In the center region Ce in the tread portion T, a land portion between the inclined main grooves 1 arranged in the tire circumferential direction is a center rib 2. Since the center rib 2 can secure the rigidity of the center region Ce, the straight running stability of the tire can be improved. As shown in FIG. 1, the plurality of center ribs 2... 2 alternately formed in the one side region and the other side region in the tire width direction across the tire equator E are connected to the land portion across the tire equator E. Adjacent to. Also by this, since the fall of each center rib 2 can be suppressed, the rigidity of the center region Ce can be ensured.

-First inclined main groove-
The first inclined main groove 11 includes a guide side wall 111 and a first bottom groove portion 112. The guide side wall 111 is a side wall on one side of the first inclined main groove 11 in the groove width direction, and is formed on the stepping side in the first inclined main groove 11 as shown in FIGS. 2, 3, and 5. Yes.
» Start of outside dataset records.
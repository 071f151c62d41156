-- ===== src/Dialects/Requests.antt =====
-- A request of the Messages dialect that is routed to an upstream of that dialect.
use zealish_router.Base.{
  ◌<◌, ◌≡◌, refl, ap, ◌∙◌, String, Bool, ◌&&◌, ◌||◌, not, Option, some, none, List, [], ◌∷◌, ◌++◌,
  if◌then◌else◌, if_cases, str_eq, arith, eq_iff,
}
use zealish_router.Dialects.{
  absent, plain, Tool, MessagesRequest, ChatMessage, ChatContent, ChatTool, ToolChoice, ChatChoice,
}
use zealish_router.Dialects.ToChat.{
  is_empty, to_chat_turns, system_text, chat_tools, to_chat_tools, to_chat_request, to_chat_choice,
  with_tools, or_no_field,
}
use zealish_router.Dialects.ToMessages.{
  to_turns, message_turns, to_tools, tools_of, to_choice, if_tools, to_messages_request,
  to_upstream, empty_schema,
}
use zealish_router.Dialects.Atoms.{atoms, unmarked, CarriedTurns}
use zealish_router.Dialects.Collected.{told}
use zealish_router.Dialects.Prompt.{
  to_chat_turns-Silent, prompted, prompted_system, prompt_text, system_text-prompt_text,
}
use zealish_router.Dialects.Kept.{to_chat_turns-told}

-- The tools that an upstream can be told of: those with a name, each with a schema.
unfoldable pub named_tools : List Tool → List Tool
named_tools [] = []
named_tools (t ∷ tools) =
    let rest = named_tools tools in
    let schema = if str_eq t.schema "" then empty_schema else t.schema in
    if str_eq t.name ""
    then rest
    else record { name = t.name; description = t.description; schema = schema } ∷ rest

to_tools-chat_tools : (tools : List Tool) → to_tools (chat_tools tools) ≡ named_tools tools
unfolding to_tools chat_tools named_tools
to_tools-chat_tools [] = refl
to_tools-chat_tools (t ∷ tools) = ground (arith, to_tools-chat_tools tools)

tools_of-or_no_field : (tools : List ChatTool) → tools_of (or_no_field tools) ≡ to_tools tools
unfolding to_tools
tools_of-or_no_field [] = refl
tools_of-or_no_field (t ∷ tools) = refl

tools_of-to_chat_tools : (tools : List Tool) → tools_of (to_chat_tools tools) ≡ named_tools tools
unfolding to_chat_tools
tools_of-to_chat_tools tools = tools_of-or_no_field (chat_tools tools) ∙ to_tools-chat_tools tools

-- The choices that both dialects know; a word has no name beside it.
unfoldable pub known_choice : Option ToolChoice → Option ToolChoice
known_choice none = none
known_choice (some c) =
    if str_eq c.kind "auto" || (str_eq c.kind "none" || str_eq c.kind "any")
    then some (record { kind = c.kind; name = "" })
    else if str_eq c.kind "tool" && not (str_eq c.name "")
    then some c
    else none

to_choice-to_chat_choice : (c : Option ToolChoice) → to_choice (to_chat_choice c) ≡ known_choice c
unfolding to_choice to_chat_choice known_choice
to_choice-to_chat_choice none = refl
to_choice-to_chat_choice (some c) =
    ground
      (arith, eq_iff c.kind "auto", eq_iff c.kind "none", eq_iff c.kind "any", eq_iff c.kind "tool")

if_tools_lem :
    (tools : List Tool) (c : Option ToolChoice)
    → if_tools tools c ≡ (if is_empty tools then none else c)
if_tools_lem [] c = refl
if_tools_lem (t ∷ tools) c = refl

chosen :
    (tools : List ChatTool) (c : Option ChatChoice)
    → if_tools (tools_of (or_no_field tools)) (to_choice (with_tools (or_no_field tools) c))
      ≡ (if is_empty (to_tools tools) then none else to_choice c)
unfolding to_tools
chosen [] c = refl
chosen (t ∷ tools) c = if_tools_lem (to_tools (t ∷ tools)) (to_choice c)

prompted_told :
    (valid : String → Bool) (encode : ChatContent → String) (system : String)
    (ms : List ChatMessage)
    → told valid encode (prompted system ms) ≡ told valid encode ms
unfolding told to_turns message_turns
prompted_told valid encode system ms =
    if_cases (λ front. told valid encode (front ++ ms) ≡ told valid encode ms) (str_eq system "")
      (λ h. refl) (λ h. refl)

-- What an upstream is told of a request is what the client said, but for the marks of failed results.
pub record Preserves (model : String) (r r' : MessagesRequest) : Type 0 where
  pub route : r'.model ≡ model
  pub conversation : atoms r'.turns ≡ unmarked (atoms r.turns)
  pub prompt :
      r'.system
      ≡ (if str_eq (prompt_text r.system) "" then absent else plain (prompt_text r.system))
  pub tools : r'.tools ≡ named_tools r.tools
  pub choice :
      r'.tool_choice ≡ (if is_empty (named_tools r.tools) then none else known_choice r.tool_choice)
  pub limit : r'.max_tokens ≡ r.max_tokens
  pub stop : r'.stop ≡ r.stop

-- A request of the Messages dialect, whose token limit is positive and whose turns are of the user or
-- the assistant, with texts, calls of the assistant with valid arguments and results of plain text
-- that name their call, reaches an upstream of its dialect with the model of the route, with the same
-- limit, stop sequences and system prompt, with every tool that has a name, and with the choice among
-- them if there are any and both dialects know it. The conversation keeps the order of its turns and
-- every text, call and result, but no result is marked as failed any more; within a turn the results
-- come first, in their order, then the texts, joined, then the calls in theirs.
pub to_messages_request-Preserves :
    (valid : String → Bool) (encode : ChatContent → String) (model : String) (r : MessagesRequest)
    → CarriedTurns valid r.turns
    → 0 < r.max_tokens
    → Preserves model r (to_messages_request valid encode (to_upstream model (to_chat_request r)))
unfolding to_messages_request to_chat_request to_chat_tools told
to_messages_request-Preserves valid encode model r h positive = record {
  route = refl;
  conversation =
      prompted_told valid encode (system_text r.system) (to_chat_turns r.turns)
      ∙ to_chat_turns-told valid encode r.turns h;
  prompt =
      prompted_system (system_text r.system) (to_chat_turns r.turns)
        (to_chat_turns-Silent valid r.turns h)
      ∙ ap (λ text. if str_eq text "" then absent else plain text)
          (system_text-prompt_text r.system);
  tools = tools_of-to_chat_tools r.tools;
  choice =
      chosen (chat_tools r.tools) (to_chat_choice r.tool_choice)
      ∙ ap (λ ts. if is_empty ts then none else to_choice (to_chat_choice r.tool_choice))
          (to_tools-chat_tools r.tools)
      ∙ ap (λ c. if is_empty (named_tools r.tools) then none else c)
          (to_choice-to_chat_choice r.tool_choice);
  limit = ground (arith, positive);
  stop = refl;
}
Thus, induction because sidewall 111 is provided with the first inclined main groove 11 itself, as compared to the structure in a position separated a groove oblique plane through the drainage, stable second inclined main grooves water 12 can flow. As with the groove width of the first inclined main groove 11, the guide side wall 111 is also enlarged and reduced as it goes toward the lag side (upward in the figure) in the tire rotation direction R, as shown in FIG. As described above, the central portion 111c of the guide side wall 111 is the largest.

  The guide side wall 111 is a side wall on the tire equator E side in the first inclined main groove 11. For this reason, the water in the land portion of the center region Ce in the tread portion T is made to follow the slope of the guide side wall 111 from the tire equator E to the bottom portion of the first inclined main groove 11 (first bottom groove portion 112). Since it can guide | induce, the flow of the waste_water | drain of the direction which leaves | separates in the tire width direction from the tire equator E can be formed smoothly.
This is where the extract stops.